■ **Records from a data collection**:
====
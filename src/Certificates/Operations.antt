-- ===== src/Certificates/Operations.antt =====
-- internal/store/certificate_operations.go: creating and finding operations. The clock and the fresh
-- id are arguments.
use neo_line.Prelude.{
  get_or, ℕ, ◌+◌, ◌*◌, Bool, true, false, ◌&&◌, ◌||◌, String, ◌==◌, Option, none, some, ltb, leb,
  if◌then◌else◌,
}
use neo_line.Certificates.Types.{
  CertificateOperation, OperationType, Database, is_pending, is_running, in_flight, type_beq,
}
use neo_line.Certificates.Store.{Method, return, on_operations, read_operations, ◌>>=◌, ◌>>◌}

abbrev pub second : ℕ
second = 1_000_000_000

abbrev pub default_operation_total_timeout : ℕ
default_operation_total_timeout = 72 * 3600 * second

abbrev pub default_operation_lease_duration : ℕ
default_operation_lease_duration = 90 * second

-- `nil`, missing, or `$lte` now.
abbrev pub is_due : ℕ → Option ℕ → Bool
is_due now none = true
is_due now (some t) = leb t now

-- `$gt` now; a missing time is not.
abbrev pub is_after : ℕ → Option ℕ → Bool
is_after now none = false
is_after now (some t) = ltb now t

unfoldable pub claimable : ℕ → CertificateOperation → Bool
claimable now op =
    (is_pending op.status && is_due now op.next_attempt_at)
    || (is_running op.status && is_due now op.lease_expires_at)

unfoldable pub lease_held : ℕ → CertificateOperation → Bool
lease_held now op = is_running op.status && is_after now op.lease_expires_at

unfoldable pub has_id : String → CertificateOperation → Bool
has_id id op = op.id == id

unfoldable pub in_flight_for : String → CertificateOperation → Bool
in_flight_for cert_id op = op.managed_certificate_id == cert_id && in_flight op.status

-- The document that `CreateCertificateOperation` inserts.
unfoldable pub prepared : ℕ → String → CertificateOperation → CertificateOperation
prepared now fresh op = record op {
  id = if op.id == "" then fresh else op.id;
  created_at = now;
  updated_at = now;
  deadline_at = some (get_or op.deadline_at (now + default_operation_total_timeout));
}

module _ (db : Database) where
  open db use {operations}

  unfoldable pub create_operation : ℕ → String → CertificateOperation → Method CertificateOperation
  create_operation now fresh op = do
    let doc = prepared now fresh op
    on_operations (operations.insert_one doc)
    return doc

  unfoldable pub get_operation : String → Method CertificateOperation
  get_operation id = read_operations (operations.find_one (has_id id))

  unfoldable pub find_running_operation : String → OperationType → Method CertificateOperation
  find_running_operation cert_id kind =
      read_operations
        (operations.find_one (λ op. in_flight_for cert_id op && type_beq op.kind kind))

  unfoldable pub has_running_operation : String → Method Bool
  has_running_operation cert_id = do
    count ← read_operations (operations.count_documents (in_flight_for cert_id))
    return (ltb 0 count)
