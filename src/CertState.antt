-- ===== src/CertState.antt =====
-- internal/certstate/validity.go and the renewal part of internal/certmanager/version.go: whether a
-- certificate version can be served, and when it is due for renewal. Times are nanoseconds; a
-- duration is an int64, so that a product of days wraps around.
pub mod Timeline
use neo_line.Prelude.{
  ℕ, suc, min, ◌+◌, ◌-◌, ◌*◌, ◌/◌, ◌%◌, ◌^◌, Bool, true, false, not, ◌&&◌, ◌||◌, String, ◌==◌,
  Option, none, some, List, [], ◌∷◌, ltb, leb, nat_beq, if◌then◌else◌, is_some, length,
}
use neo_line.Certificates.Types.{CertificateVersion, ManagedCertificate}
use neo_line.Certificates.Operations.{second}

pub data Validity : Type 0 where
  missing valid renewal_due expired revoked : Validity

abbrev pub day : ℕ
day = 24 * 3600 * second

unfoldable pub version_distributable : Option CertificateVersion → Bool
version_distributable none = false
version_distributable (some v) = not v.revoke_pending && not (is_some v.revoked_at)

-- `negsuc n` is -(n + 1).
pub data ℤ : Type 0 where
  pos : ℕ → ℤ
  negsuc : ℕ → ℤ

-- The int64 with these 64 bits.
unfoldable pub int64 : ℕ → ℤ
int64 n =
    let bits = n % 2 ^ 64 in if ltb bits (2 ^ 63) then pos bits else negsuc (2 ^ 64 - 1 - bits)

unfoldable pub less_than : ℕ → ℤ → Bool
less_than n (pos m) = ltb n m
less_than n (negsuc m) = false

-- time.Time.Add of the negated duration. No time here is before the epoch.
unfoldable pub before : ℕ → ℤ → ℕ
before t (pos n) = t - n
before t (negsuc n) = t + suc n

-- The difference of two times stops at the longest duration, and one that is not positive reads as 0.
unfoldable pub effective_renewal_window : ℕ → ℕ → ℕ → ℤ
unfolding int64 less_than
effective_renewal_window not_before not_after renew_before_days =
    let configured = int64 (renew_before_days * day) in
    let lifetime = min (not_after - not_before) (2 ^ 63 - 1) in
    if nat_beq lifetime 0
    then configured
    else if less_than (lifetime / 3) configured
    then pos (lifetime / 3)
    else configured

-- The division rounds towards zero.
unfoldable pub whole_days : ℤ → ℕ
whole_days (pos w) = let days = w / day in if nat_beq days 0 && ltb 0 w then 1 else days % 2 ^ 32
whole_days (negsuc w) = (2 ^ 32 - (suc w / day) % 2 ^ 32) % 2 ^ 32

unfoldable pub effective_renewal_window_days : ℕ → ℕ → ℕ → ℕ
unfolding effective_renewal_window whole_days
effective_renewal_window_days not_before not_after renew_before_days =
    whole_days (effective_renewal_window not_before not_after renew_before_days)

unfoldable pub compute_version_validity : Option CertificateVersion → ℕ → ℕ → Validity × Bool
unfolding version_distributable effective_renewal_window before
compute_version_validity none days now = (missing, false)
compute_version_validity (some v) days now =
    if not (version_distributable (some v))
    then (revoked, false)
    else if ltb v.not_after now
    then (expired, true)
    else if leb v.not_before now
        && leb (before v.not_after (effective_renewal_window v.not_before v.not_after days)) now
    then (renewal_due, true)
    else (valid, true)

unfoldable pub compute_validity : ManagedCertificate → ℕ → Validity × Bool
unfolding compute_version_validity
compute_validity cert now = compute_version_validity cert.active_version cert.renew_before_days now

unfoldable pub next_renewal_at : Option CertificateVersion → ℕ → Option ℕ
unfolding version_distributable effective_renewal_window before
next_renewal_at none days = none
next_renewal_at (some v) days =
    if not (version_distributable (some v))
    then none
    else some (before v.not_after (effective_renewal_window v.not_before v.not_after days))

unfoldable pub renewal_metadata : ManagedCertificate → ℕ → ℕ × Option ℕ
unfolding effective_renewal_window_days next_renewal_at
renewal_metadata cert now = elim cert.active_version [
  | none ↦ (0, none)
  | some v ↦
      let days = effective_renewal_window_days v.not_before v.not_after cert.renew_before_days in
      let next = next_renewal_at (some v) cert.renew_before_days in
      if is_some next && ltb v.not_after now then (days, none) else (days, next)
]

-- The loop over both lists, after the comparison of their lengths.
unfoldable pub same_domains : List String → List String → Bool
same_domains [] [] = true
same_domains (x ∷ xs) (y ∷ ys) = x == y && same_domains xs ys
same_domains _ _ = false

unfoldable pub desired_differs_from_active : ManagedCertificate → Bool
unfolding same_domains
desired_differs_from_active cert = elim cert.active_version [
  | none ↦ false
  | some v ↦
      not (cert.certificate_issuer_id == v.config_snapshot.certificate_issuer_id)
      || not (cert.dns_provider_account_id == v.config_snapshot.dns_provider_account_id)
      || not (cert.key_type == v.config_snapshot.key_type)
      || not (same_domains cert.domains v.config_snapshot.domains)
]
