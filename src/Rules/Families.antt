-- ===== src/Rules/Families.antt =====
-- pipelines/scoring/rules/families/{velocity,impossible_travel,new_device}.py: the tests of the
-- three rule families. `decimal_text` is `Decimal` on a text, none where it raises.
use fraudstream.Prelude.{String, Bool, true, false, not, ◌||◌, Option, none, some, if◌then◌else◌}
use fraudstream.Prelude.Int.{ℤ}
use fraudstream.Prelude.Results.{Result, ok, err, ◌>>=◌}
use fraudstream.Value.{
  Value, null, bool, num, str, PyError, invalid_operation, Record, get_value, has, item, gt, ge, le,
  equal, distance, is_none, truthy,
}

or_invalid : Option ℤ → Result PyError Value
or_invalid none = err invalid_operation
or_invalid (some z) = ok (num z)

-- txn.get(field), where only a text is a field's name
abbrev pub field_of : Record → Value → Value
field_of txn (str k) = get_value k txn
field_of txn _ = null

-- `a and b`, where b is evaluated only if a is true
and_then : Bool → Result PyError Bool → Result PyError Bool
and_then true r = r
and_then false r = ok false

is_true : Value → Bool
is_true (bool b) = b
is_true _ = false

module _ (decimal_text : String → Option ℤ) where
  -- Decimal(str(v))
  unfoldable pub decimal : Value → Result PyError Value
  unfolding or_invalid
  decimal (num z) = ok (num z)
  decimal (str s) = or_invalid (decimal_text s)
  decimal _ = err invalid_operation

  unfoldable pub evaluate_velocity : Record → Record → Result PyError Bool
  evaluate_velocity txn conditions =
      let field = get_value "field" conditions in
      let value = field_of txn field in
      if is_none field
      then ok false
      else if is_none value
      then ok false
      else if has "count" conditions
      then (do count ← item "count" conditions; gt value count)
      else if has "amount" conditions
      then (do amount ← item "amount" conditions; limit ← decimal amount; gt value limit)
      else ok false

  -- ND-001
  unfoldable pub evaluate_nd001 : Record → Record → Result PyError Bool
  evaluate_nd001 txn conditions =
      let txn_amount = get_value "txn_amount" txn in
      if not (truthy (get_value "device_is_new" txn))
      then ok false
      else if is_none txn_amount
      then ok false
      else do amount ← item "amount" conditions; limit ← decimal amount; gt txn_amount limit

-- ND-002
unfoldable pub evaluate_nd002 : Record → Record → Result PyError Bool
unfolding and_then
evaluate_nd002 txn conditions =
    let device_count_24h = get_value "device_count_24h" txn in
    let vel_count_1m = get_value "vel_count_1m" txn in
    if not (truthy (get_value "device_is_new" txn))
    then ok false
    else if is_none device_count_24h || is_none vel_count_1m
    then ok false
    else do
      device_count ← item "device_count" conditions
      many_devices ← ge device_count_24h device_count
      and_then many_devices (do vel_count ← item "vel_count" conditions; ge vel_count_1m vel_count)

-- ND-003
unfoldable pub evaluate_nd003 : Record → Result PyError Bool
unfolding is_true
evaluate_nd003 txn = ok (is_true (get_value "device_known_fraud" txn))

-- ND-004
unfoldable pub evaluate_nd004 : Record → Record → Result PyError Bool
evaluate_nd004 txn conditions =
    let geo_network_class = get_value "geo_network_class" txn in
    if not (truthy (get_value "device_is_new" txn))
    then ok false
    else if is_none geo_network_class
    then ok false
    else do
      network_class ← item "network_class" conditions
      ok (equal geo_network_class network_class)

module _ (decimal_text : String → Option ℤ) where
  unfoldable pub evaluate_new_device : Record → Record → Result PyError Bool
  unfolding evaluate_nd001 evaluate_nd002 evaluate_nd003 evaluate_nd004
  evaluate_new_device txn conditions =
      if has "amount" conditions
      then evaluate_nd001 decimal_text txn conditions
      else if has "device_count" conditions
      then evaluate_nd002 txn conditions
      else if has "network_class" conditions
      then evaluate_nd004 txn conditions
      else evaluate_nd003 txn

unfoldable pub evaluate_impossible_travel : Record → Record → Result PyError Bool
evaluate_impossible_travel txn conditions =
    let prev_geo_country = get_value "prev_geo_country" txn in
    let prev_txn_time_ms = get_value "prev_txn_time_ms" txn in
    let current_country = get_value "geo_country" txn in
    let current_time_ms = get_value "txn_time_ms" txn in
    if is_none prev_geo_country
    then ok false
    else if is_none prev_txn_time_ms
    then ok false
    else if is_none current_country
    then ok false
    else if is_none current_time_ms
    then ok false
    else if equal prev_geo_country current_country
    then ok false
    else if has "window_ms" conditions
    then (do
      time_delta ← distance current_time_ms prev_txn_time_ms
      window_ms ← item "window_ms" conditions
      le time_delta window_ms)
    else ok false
====
■ **Exercise requirements**: Only the count belongs in your answer, so please work out how many lines of the data contain "that".

■ **Exercise response**: 3